### Goal of the exercise
Reproduce each record exactly, leaving out no line.

### Given entries
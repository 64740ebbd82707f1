-- ===== src/Gateway/Connections/Histories.antt =====
-- Sequences of calls of connection-manager.ts, from a new manager.
use sw_itch_remake.Base.{
  ℕ, ◌≡◌, refl, some, List, [], ◌∷◌, arith, inl, inr, Bool-cases, Option-cases, ℕ_discrete,
}
use sw_itch_remake.Base.Maps.{get}
use sw_itch_remake.Types.{ActorId}
use sw_itch_remake.Gateway.Connections.{
  ConnectionRecord, ConnectionLimits, ConnectionManager, new, can_authenticate_record, authenticate,
  close, Call, opens, authenticates, closes, step, run,
}
use sw_itch_remake.Gateway.Connections.Invariant.{Inv}
use sw_itch_remake.Gateway.Connections.Binding.{open_connection-Inv, bind_user-Inv}
use sw_itch_remake.Gateway.Connections.Dropping.{drop_record-Inv}

authenticate-Inv :
    (m : ConnectionManager) (id : ℕ) (u : ActorId) → Inv m → Inv (authenticate m id u).0
unfolding authenticate
authenticate-Inv m id u v = elim (Option-cases (get ℕ_discrete id m.connections)) [
  | inl absent ↦ rw (absent, authenticate) v
  | inr (r, present) ↦ elim (Bool-cases (can_authenticate_record m r u)) [
    | inl yes' ↦ rw (present, authenticate, yes') (bind_user-Inv m id r u present yes' v)
    | inr no' ↦ rw (present, authenticate, no') v
  ]
]

close-Inv : (m : ConnectionManager) (id : ℕ) → Inv m → Inv (close m id).0
unfolding close
close-Inv m id v = elim (Option-cases (get ℕ_discrete id m.connections)) [
  | inl absent ↦ rw (absent, close) v
  | inr (r, present) ↦ rw (present, close) (drop_record-Inv m id r present v)
]

-- Each call, allowed or refused, on an open connection or not, keeps the four maps in agreement and
-- the three limits.
pub step-Inv : (m : ConnectionManager) (c : Call) → Inv m → Inv (step m c)
unfolding step
step-Inv m (opens ip) v = open_connection-Inv m ip v
step-Inv m (authenticates id u) v = authenticate-Inv m id u v
step-Inv m (closes id) v = close-Inv m id v

new-Inv : (limits : ConnectionLimits) → Inv (new limits)
unfolding new get
new-Inv limits = record {
  unique = tt;
  fresh = λ id le. refl;
  waiting = λ ip. refl;
  signed_in = λ ip. refl;
  held = λ u id e. cc;
  indexed = λ u id r g e. cc;
  bounded = omega arith;
  waiting_bounded = λ ip. omega arith;
  signed_in_bounded = λ ip. omega arith;
}

run_from-Inv : (m : ConnectionManager) (cs : List Call) → Inv m → Inv (run m cs)
unfolding run
run_from-Inv m [] v = v
run_from-Inv m (c ∷ cs) v = run_from-Inv (step m c) cs (step-Inv m c v)

-- From a new manager any calls lead to a state in which the four maps agree and the limits hold.
pub run-Inv : (limits : ConnectionLimits) (cs : List Call) → Inv (run (new limits) cs)
run-Inv limits cs = run_from-Inv (new limits) cs (new-Inv limits)

-- After any calls two open connections of one user are the same connection.
pub run-one_connection_per_user :
    (limits : ConnectionLimits) (cs : List Call) (u : ActorId) (i j : ℕ) (q r : ConnectionRecord)
    → get ℕ_discrete i (run (new limits) cs).connections ≡ some q
    → get ℕ_discrete j (run (new limits) cs).connections ≡ some r
    → q.user_id ≡ some u
    → r.user_id ≡ some u
    → i ≡ j
run-one_connection_per_user limits cs u i j q r gi gj eq er =
    let v = run-Inv limits cs in cc (v.indexed u i q gi eq, v.indexed u j r gj er)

### Answer space
repository 64740ebbd82707f1
-- ===== src/Gateway/Connections/Histories.antt =====
-- Sequences of calls of connection-manager.ts, from a new manager.
use sw_itch_remake.Base.{
  ℕ, ◌≡◌, refl, some, List, [], ◌∷◌, arith, inl, inr, Bool-cases, Option-cases, ℕ_discrete,
}
use sw_itch_remake.Base.Maps.{get}
use sw_itch_remake.Types.{ActorId}
use sw_itch_remake.Gateway.Connections.{
  ConnectionRecord, ConnectionLimits, ConnectionManager, new, can_authenticate_record, authenticate,
  close, Call, opens, authenticates, closes, step, run,
}
use sw_itch_remake.Gateway.Connections.Invariant.{Inv}
use sw_itch_remake.Gateway.Connections.Binding.{open_connection-Inv, bind_user-Inv}
use sw_itch_remake.Gateway.Connections.Dropping.{drop_record-Inv}

authenticate-Inv :
    (m : ConnectionManager) (id : ℕ) (u : ActorId) → Inv m → Inv (authenticate m id u).0
unfolding authenticate
authenticate-Inv m id u v = elim (Option-cases (get ℕ_discrete id m.connections)) [
  | inl absent ↦ rw (absent, authenticate) v
  | inr (r, present) ↦ elim (Bool-cases (can_authenticate_record m r u)) [
    | inl yes' ↦ rw (present, authenticate, yes') (bind_user-Inv m id r u present yes' v)
    | inr no' ↦ rw (present, authenticate, no') v
  ]
]

close-Inv : (m : ConnectionManager) (id : ℕ) → Inv m → Inv (close m id).0
unfolding close
close-Inv m id v = elim (Option-cases (get ℕ_discrete id m.connections)) [
  | inl absent ↦ rw (absent, close) v
  | inr (r, present) ↦ rw (present, close) (drop_record-Inv m id r present v)
]

-- Each call, allowed or refused, on an open connection or not, keeps the four maps in agreement and
-- the three limits.
pub step-Inv : (m : ConnectionManager) (c : Call) → Inv m → Inv (step m c)
unfolding step
step-Inv m (opens ip) v = open_connection-Inv m ip v
step-Inv m (authenticates id u) v = authenticate-Inv m id u v
step-Inv m (closes id) v = close-Inv m id v

new-Inv : (limits : ConnectionLimits) → Inv (new limits)
unfolding new get
new-Inv limits = record {
  unique = tt;
  fresh = λ id le. refl;
  waiting = λ ip. refl;
  signed_in = λ ip. refl;
  held = λ u id e. cc;
  indexed = λ u id r g e. cc;
  bounded = omega arith;
  waiting_bounded = λ ip. omega arith;
  signed_in_bounded = λ ip. omega arith;
}

run_from-Inv : (m : ConnectionManager) (cs : List Call) → Inv m → Inv (run m cs)
unfolding run
run_from-Inv m [] v = v
run_from-Inv m (c ∷ cs) v = run_from-Inv (step m c) cs (step-Inv m c v)

-- From a new manager any calls lead to a state in which the four maps agree and the limits hold.
pub run-Inv : (limits : ConnectionLimits) (cs : List Call) → Inv (run (new limits) cs)
run-Inv limits cs = run_from-Inv (new limits) cs (new-Inv limits)

-- After any calls two open connections of one user are the same connection.
pub run-one_connection_per_user :
    (limits : ConnectionLimits) (cs : List Call) (u : ActorId) (i j : ℕ) (q r : ConnectionRecord)
    → get ℕ_discrete i (run (new limits) cs).connections ≡ some q
    → get ℕ_discrete j (run (new limits) cs).connections ≡ some r
    → q.user_id ≡ some u
    → r.user_id ≡ some u
    → i ≡ j
run-one_connection_per_user limits cs u i j q r gi gj eq er =
    let v = run-Inv limits cs in cc (v.indexed u i q gi eq, v.indexed u j r gj er)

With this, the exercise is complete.